By using GEANT services – the pan-European research and education network that interconnects Europe’s National Research and Education Networks (NRENs), the collecting sites, processing sites and storage sites of useful data within the project can be interconnected. Depending on the degree of importance and needed security of the data transmitted between the sites, it is possible to use services provided by GEANT through a Layer 3 Virtual Private Network (L3VPN), which add security by isolating specific traffic between the sites from the usual IP traffic.
Regarding the methods of managed access of resources available in another data centre, it can be used the concept of federal authentication by implementing federated identity solutions to which partner institutions connect through an Identity provider (IdP). For the implementation of the federated authentication, eduGAIN, also a GEANT service, can be used. EduGAIN interconnects identity federations from Europe.
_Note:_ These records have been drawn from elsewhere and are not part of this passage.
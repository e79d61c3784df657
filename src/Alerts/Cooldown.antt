-- ===== src/Alerts/Cooldown.antt =====
-- A delivery of alerts respects the cooldown of the policy.
use multi_tenant_agentic_wor.Base.{
  ℕ, ◌+◌, ◌≡◌, refl, sym, subst, Bool, true, false, not, ◌&&◌, Option, none, some, List, [], ◌∷◌,
  ◌==◌, arith, is_empty, All, All-map, select_where, count_where, Bool-cases, inl, inr, ok,
  ok-value, string_eq,
}
use multi_tenant_agentic_wor.Base.Json.{Json}
use multi_tenant_agentic_wor.Tables.{AlertCode, Route, AlertChannel}
use multi_tenant_agentic_wor.Store.{World}
use multi_tenant_agentic_wor.Texts.{Texts}
use multi_tenant_agentic_wor.Health.{Alert, get_dispatch_health}
use multi_tenant_agentic_wor.Alerts.{Policy, get_alert_policy, is_matched, matched_alerts}
use multi_tenant_agentic_wor.Alerts.Sending.{
  DeliveryReport, Mailer, channel_of, deliver_dispatch_alerts, deliver_matched, deliver_routes,
  deliver_to, empty_delivery_report, is_held, is_in_cooldown, notify, send,
}
use multi_tenant_agentic_wor.Alerts.Spacing.{
  IsSpaced, AreDistinct, IsFree, AreDistinct-select_where, dispatch_alerts-AreDistinct,
  IsFree-of_cooldown, record_deliveries-IsSpaced,
}

All-chosen :
    (p : Alert → Bool) (alerts : List Alert) → All (λ a. p a ≡ true) (select_where p alerts)
unfolding select_where
All-chosen p [] = tt
All-chosen p (a ∷ alerts) = elim (Bool-cases (p a)) [
  | inl hit ↦ rw hit (hit, All-chosen p alerts)
  | inr miss ↦ rw miss (All-chosen p alerts)
]

matched_alerts-AreDistinct :
    (t : Texts) (w : World) (tenant hours : ℕ) (p : Policy)
    → AreDistinct (matched_alerts t w tenant hours p)
unfolding matched_alerts get_dispatch_health
matched_alerts-AreDistinct t w tenant hours p =
    let h = get_dispatch_health t w tenant hours in
    AreDistinct-select_where (is_matched p) h.alerts (
      dispatch_alerts-AreDistinct h.paused_workflows h.throttled_triggers h.deferred_retries
        h.dead_lettered_executions)

-- What happens during a request to a channel adds no deliveries.
abbrev pub KeepsDeliveries : Mailer → Type 0
KeepsDeliveries m =
    (c : Json) (alerts : List Alert) (w : World)
    → (m.post c alerts w).1.alert_deliveries ≡ w.alert_deliveries

module _ (m : Mailer) (keeps : KeepsDeliveries m) where
  pub notify-deliveries :
      (c : AlertChannel) (alerts : List Alert) (w : World)
      → (notify m c alerts w).1.alert_deliveries ≡ w.alert_deliveries
  unfolding notify
  notify-deliveries c alerts w = elim (Bool-cases (c.channel_type == "webhook")) [
    | inl web ↦ rw web (keeps c.encrypted_config alerts w)
    | inr other ↦ rw other refl
  ]

  module _ (tenant minutes now channel : ℕ) (code : AlertCode) where
    send-IsSpaced :
        (route : Route) (c : AlertChannel) (alerts : List Alert) (w : World) (r : DeliveryReport)
        → AreDistinct alerts
        → All (λ a. IsFree tenant minutes now c.id a.code w.alert_deliveries) alerts
        → IsSpaced tenant minutes channel code w.alert_deliveries
        → IsSpaced tenant minutes channel code
            (send m tenant now route c alerts w r).0.alert_deliveries
    unfolding send
    send-IsSpaced route c [] w r distinct free spaced = spaced
    send-IsSpaced route c (a ∷ alerts) w r distinct free spaced =
        let (n, w') = notify m c (a ∷ alerts) w in
        let same = sym (notify-deliveries c (a ∷ alerts) w) in
        record_deliveries-IsSpaced m tenant minutes now channel code c route n (a ∷ alerts) w' r
          distinct
          (subst (λ rows. All (λ a. IsFree tenant minutes now c.id a.code rows) (a ∷ alerts)) same
            free)
          (subst (IsSpaced tenant minutes channel code) same spaced)

    deliver_to-IsSpaced :
        (alerts : List Alert) (route : Route) (c : Option AlertChannel) (w : World)
        (r : DeliveryReport)
        → AreDistinct alerts
        → IsSpaced tenant minutes channel code w.alert_deliveries
        → IsSpaced tenant minutes channel code
            (deliver_to m true tenant minutes now alerts route c w r).0.alert_deliveries
    unfolding deliver_to
    deliver_to-IsSpaced alerts route none w r distinct spaced = spaced
    deliver_to-IsSpaced alerts route (some c) w r distinct spaced =
        let chosen = λ (a : Alert). not (is_held m true w tenant c.id minutes now a) in
        send-IsSpaced route c (select_where chosen alerts) w
          (record r {
            skipped = r.skipped + count_where (is_held m true w tenant c.id minutes now) alerts;
          })
          (AreDistinct-select_where chosen alerts distinct)
          (All-map (λ a. chosen a ≡ true)
            (λ a. IsFree tenant minutes now c.id a.code w.alert_deliveries)
            (λ a open_.
              IsFree-of_cooldown w tenant c.id a.code minutes now
                (opened (is_in_cooldown w tenant c.id a.code minutes now) open_))
            (select_where chosen alerts) (All-chosen chosen alerts))
          spaced
      where
        opened : (b : Bool) → not (true && b) ≡ true → b ≡ false
        opened b h = ground arith

    deliver_routes-IsSpaced :
        (alerts : List Alert) (routes : List Route) (w : World) (r : DeliveryReport)
        → AreDistinct alerts
        → IsSpaced tenant minutes channel code w.alert_deliveries
        → IsSpaced tenant minutes channel code
            (deliver_routes m true tenant minutes now alerts routes w r).0.alert_deliveries
    unfolding deliver_routes
    deliver_routes-IsSpaced alerts [] w r distinct spaced = spaced
    deliver_routes-IsSpaced alerts (route ∷ routes) w r distinct spaced =
        elim (Bool-cases route.enabled) [
          | inl on ↦
              let (w₁, r₁) =
                deliver_to m true tenant minutes now alerts route (channel_of m w tenant route) w
                  r in
              rw on (
                deliver_routes-IsSpaced alerts routes w₁ r₁ distinct (
                  deliver_to-IsSpaced alerts route (channel_of m w tenant route) w r distinct
                    spaced))
          | inr off ↦ rw off (deliver_routes-IsSpaced alerts routes w r distinct spaced)
        ]

  deliver_matched-IsSpaced :
      (tenant channel : ℕ) (code : AlertCode) (p : Policy) (alerts : List Alert) (w : World)
      → AreDistinct alerts
      → IsSpaced tenant p.cooldown_minutes channel code w.alert_deliveries
      → IsSpaced tenant p.cooldown_minutes channel code
          (deliver_matched m true tenant p alerts w).0.alert_deliveries
  unfolding deliver_matched
  deliver_matched-IsSpaced tenant channel code p alerts w distinct spaced =
      elim (Bool-cases (p.enabled && not (is_empty alerts))) [
        | inl on ↦ rw on (
            deliver_routes-IsSpaced tenant p.cooldown_minutes w.clock channel code alerts p.channels
              w empty_delivery_report distinct spaced)
        | inr off ↦ rw off spaced
      ]

  -- If requests to a channel leave the table of deliveries as it is, a delivery of alerts that
  -- enforces the cooldown keeps any two deliveries of an alert to a channel of the tenant farther
  -- apart than the cooldown of its policy.
  pub deliver_dispatch_alerts-IsSpaced :
      (t : Texts) (w : World) (tenant hours channel : ℕ) (code : AlertCode) (p : Policy)
      (w' : World) (r : DeliveryReport)
      → get_alert_policy w tenant ≡ ok p
      → IsSpaced tenant p.cooldown_minutes channel code w.alert_deliveries
      → deliver_dispatch_alerts m t true w tenant hours ≡ ok (w', r)
      → IsSpaced tenant p.cooldown_minutes channel code w'.alert_deliveries
  unfolding deliver_dispatch_alerts
  deliver_dispatch_alerts-IsSpaced t w tenant hours channel code p w' r found spaced h =
      subst (λ s. IsSpaced tenant p.cooldown_minutes channel code s.0.alert_deliveries)
        (ok-value (rw found at h))
        (deliver_matched-IsSpaced tenant channel code p (matched_alerts t w tenant hours p) w
          (matched_alerts-AreDistinct t w tenant hours p) spaced)
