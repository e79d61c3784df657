-- ===== src/Alerts/Rows.antt =====
-- The rows that a delivery of alerts leaves in the table of deliveries.
use mathlib.Core.List.{append_assoc, append-nil}
use multi_tenant_agentic_wor.Base.{
  ℕ, ◌+◌, ◌≡◌, sym, ap, ◌∙◌, Bool, not, Option, none, some, List, [], ◌∷◌, ◌++◌, select_where,
  count_where, Bool-cases, inl, inr,
}
use multi_tenant_agentic_wor.Tables.{Route, AlertChannel, Delivery}
use multi_tenant_agentic_wor.Store.{World}
use multi_tenant_agentic_wor.Health.{Alert}
use multi_tenant_agentic_wor.Alerts.{Policy}
use multi_tenant_agentic_wor.Alerts.Sending.{
  DeliveryReport, Mailer, Notice, channel_of, deliver_matched, deliver_routes, deliver_to,
  empty_delivery_report, is_held, new_delivery, notify, record_deliveries, record_delivery, send,
}
use multi_tenant_agentic_wor.Alerts.Cooldown.{KeepsDeliveries, notify-deliveries}

-- The table is the rows there were before, and then the items of the report.
abbrev pub AreRows : List Delivery → World × DeliveryReport → Type 0
AreRows rows s = s.0.alert_deliveries ≡ rows ++ s.1.items

module _ (m : Mailer) (keeps : KeepsDeliveries m) (rows : List Delivery) (tenant now : ℕ) where
  record_delivery-AreRows :
      (c : AlertChannel) (route : Route) (n : Notice) (a : Alert) (s : World × DeliveryReport)
      → AreRows rows s
      → AreRows rows (record_delivery m tenant now c route n a s)
  unfolding record_delivery
  record_delivery-AreRows c route n a (w, r) h =
      let d = new_delivery m tenant now c route n w a in
      ap (λ rows'. rows' ++ d ∷ []) h ∙ append_assoc rows r.items (d ∷ [])

  record_deliveries-AreRows :
      (c : AlertChannel) (route : Route) (n : Notice) (alerts : List Alert)
      (s : World × DeliveryReport)
      → AreRows rows s
      → AreRows rows (record_deliveries m tenant now c route n alerts s)
  unfolding record_deliveries
  record_deliveries-AreRows c route n [] s h = h
  record_deliveries-AreRows c route n (a ∷ alerts) s h =
      record_deliveries-AreRows c route n alerts (record_delivery m tenant now c route n a s)
        (record_delivery-AreRows c route n a s h)

  send-AreRows :
      (route : Route) (c : AlertChannel) (alerts : List Alert) (w : World) (r : DeliveryReport)
      → AreRows rows (w, r)
      → AreRows rows (send m tenant now route c alerts w r)
  unfolding send
  send-AreRows route c [] w r h = h
  send-AreRows route c (a ∷ alerts) w r h =
      let (n, w') = notify m c (a ∷ alerts) w in
      record_deliveries-AreRows c route n (a ∷ alerts) (w', r)
        (notify-deliveries m keeps c (a ∷ alerts) w ∙ h)

  module _ (enforce : Bool) (minutes : ℕ) (alerts : List Alert) where
    deliver_to-AreRows :
        (route : Route) (c : Option AlertChannel) (w : World) (r : DeliveryReport)
        → AreRows rows (w, r)
        → AreRows rows (deliver_to m enforce tenant minutes now alerts route c w r)
    unfolding deliver_to
    deliver_to-AreRows route none w r h = h
    deliver_to-AreRows route (some c) w r h =
        let held = is_held m enforce w tenant c.id minutes now in
        send-AreRows route c (select_where (λ a. not (held a)) alerts) w
          (record r { skipped = r.skipped + count_where held alerts }) h

    deliver_routes-AreRows :
        (routes : List Route) (w : World) (r : DeliveryReport)
        → AreRows rows (w, r)
        → AreRows rows (deliver_routes m enforce tenant minutes now alerts routes w r)
    unfolding deliver_routes
    deliver_routes-AreRows [] w r h = h
    deliver_routes-AreRows (route ∷ routes) w r h = elim (Bool-cases route.enabled) [
      | inl on ↦ rw on (
          let s =
            deliver_to m enforce tenant minutes now alerts route (channel_of m w tenant route) w
              r in
          deliver_routes-AreRows routes s.0 s.1
            (deliver_to-AreRows route (channel_of m w tenant route) w r h))
      | inr off ↦ rw off (deliver_routes-AreRows routes w r h)
    ]

pub deliver_matched-AreRows :
    (m : Mailer) (keeps : KeepsDeliveries m) (enforce : Bool) (tenant : ℕ) (p : Policy)
    (alerts : List Alert) (w : World)
    → AreRows w.alert_deliveries (deliver_matched m enforce tenant p alerts w)
unfolding deliver_matched
deliver_matched-AreRows m keeps enforce tenant p [] w = elim (Bool-cases p.enabled) [
  | inl on ↦ rw on (sym (append-nil w.alert_deliveries))
  | inr off ↦ rw off (sym (append-nil w.alert_deliveries))
]
deliver_matched-AreRows m keeps enforce tenant p (a ∷ alerts) w = elim (Bool-cases p.enabled) [
  | inl on ↦ rw on (
      deliver_routes-AreRows m keeps w.alert_deliveries tenant w.clock enforce p.cooldown_minutes
        (a ∷ alerts) p.channels w empty_delivery_report (sym (append-nil w.alert_deliveries)))
  | inr off ↦ rw off (sym (append-nil w.alert_deliveries))
]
Accessing GEANT services is possible using facilities of NRENs that offer connectivity services for research and education community inside a country.

Computing capacities

At the European level, the computing capabilities have two major directions:

  • High Performance Computing (HPC) infrastructure. The HPC infrastructure is represented by Pan-European High Performance Computing infrastructure and services (PRACE) that gives academic and industry users free access to the supercomputing facility. Access to PRACE resources is based on peer review. The researcher sends the project to the technical committee to verify compliance with the eligibility requirements, which, in positive situations, makes a schedule for access to power computation;
  • Distributed Computing e-infrastructures – The project of Distributed Computing e-infrastructures is called European Grid Infrastructure (EGI) which provides access to high-throughput computing resources consisting of 300 data centres which host 650 K core processors, 285 PB online storage and 280 PB archive storage. Access to the EGI resources is based on membership in a community-supported research group such as ATLAS, ALICE, LHCb and others.

Data storage

Research projects can use the European e-infrastructure of integrated data services and resources (EUDAT) infrastructure to store vital information in a secure environment. The EUDAT it is a collaboration project consisting from multiple nodes that provide services for: upload and retrieval, identification and description, movement, replication and data integrity. Many research groups from Europe share storage infrastructure from data centres called service provides. This service provides can be only for one research domain (thematic service provider) or for multiple domains (generic service provider). Any researcher or research group can access the resources of EUDAT in conformity with the terms and conditions agreed between EUDAT and the relevant service provider.

The components:

– DANUBIUS-RI storage systems, there are many storages included: the storage for the main repository, the linked storages from DANUBIUS-RI members

  • the storage for the cloud system,
  • the storage for the high-performance cluster and the backup storage for all data and for the software.

– Cloud computing to provide the necessary computing resources to operate all services( the DANUBIUS-RI portal, the metadata registry, the necessary software for data ingestion, further processing and storage and to provide all operations on the data flow)

– High performance computing (HPC) services to be used by the modelling and analysis nodes.